Data to use:
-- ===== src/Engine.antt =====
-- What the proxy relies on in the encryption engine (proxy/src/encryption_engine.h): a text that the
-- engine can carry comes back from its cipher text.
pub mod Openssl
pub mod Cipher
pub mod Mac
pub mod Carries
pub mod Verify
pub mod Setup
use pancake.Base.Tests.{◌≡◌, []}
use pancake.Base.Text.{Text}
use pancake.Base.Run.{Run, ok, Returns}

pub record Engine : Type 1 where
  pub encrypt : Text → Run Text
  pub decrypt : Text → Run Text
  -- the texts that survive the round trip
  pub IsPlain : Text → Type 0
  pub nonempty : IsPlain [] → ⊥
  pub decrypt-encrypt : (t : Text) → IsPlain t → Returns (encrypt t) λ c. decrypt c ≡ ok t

* * *

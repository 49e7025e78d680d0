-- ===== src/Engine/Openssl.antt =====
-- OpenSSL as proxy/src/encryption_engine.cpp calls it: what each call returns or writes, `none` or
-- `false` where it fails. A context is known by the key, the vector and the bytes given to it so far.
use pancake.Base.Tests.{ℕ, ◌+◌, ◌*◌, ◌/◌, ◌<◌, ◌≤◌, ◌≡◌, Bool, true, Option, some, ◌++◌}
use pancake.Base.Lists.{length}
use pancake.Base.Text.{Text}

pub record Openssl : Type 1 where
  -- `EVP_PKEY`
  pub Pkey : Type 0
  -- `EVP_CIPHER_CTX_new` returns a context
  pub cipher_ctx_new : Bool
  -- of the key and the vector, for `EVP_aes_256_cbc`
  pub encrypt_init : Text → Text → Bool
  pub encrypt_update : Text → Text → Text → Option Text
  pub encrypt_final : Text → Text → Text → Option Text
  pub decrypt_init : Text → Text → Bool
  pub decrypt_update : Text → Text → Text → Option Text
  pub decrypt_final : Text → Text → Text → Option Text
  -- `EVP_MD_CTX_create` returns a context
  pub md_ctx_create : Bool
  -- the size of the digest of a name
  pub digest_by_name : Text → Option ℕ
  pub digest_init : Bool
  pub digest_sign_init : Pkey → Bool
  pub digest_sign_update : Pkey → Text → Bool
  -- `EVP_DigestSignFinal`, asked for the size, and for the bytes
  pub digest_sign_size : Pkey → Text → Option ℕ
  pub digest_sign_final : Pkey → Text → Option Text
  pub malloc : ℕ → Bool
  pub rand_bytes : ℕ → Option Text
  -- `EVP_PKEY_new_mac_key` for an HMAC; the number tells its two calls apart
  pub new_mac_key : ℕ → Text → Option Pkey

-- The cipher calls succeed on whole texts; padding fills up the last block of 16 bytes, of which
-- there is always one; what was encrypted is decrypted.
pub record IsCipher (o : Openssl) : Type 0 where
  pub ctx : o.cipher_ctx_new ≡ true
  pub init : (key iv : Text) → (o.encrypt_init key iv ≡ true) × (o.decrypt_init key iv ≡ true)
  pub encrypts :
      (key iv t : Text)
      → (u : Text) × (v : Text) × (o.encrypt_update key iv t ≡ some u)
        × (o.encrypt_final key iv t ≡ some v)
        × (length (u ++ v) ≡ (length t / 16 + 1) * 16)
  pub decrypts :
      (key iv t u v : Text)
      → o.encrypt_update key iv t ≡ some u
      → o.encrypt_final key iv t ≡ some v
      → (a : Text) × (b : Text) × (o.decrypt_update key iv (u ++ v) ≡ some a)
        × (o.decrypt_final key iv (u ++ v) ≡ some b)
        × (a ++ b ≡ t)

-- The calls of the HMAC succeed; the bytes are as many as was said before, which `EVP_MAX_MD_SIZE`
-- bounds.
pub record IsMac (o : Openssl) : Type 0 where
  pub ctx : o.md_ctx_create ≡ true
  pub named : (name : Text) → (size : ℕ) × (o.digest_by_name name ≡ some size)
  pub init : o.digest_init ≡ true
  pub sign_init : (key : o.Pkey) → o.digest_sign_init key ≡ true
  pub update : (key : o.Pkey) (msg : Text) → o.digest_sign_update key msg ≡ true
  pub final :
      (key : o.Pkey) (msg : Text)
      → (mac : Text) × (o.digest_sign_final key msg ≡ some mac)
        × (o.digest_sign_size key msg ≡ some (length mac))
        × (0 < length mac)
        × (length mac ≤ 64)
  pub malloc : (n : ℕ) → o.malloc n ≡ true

---

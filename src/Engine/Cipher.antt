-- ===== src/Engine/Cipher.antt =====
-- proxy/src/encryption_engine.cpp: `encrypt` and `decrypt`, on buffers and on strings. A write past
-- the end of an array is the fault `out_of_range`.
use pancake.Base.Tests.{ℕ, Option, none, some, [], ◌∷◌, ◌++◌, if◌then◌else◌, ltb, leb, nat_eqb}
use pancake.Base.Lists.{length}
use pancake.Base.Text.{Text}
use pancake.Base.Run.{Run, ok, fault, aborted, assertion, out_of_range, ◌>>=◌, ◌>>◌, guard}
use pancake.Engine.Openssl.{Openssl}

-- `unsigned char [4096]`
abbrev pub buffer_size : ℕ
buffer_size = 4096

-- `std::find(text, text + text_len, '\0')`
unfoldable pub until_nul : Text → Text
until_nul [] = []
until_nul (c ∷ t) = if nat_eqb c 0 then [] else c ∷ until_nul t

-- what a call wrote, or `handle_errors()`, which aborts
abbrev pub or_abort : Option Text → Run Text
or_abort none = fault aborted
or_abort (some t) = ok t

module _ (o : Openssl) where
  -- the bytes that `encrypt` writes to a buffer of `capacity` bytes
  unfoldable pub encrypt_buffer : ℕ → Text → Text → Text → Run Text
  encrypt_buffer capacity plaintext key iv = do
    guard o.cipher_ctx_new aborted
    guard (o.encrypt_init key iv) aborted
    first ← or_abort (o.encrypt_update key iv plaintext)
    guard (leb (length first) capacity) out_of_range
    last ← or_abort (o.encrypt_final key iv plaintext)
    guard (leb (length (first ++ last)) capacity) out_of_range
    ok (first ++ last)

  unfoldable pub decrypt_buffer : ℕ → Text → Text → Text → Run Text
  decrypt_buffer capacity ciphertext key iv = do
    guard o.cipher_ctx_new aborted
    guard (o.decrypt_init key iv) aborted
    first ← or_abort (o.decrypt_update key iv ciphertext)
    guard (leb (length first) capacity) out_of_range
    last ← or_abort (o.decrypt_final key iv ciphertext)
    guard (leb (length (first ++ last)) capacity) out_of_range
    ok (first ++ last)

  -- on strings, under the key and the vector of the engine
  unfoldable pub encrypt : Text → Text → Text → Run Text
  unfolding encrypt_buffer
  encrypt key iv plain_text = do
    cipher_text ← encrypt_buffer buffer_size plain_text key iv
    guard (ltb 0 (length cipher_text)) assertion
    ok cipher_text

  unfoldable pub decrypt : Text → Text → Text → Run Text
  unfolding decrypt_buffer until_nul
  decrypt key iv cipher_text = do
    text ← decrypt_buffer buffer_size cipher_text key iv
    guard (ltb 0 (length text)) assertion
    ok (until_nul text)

Directions for this task:
Write down, word for word, the lines above from the one containing "unfoldable pub decrypt : Text" through the one containing "ok (until_nul text)", both ends included.

Exercise response:
  unfoldable pub decrypt : Text → Text → Text → Run Text
  unfolding decrypt_buffer until_nul
  decrypt key iv cipher_text = do
    text ← decrypt_buffer buffer_size cipher_text key iv
    guard (ltb 0 (length text)) assertion
    ok (until_nul text)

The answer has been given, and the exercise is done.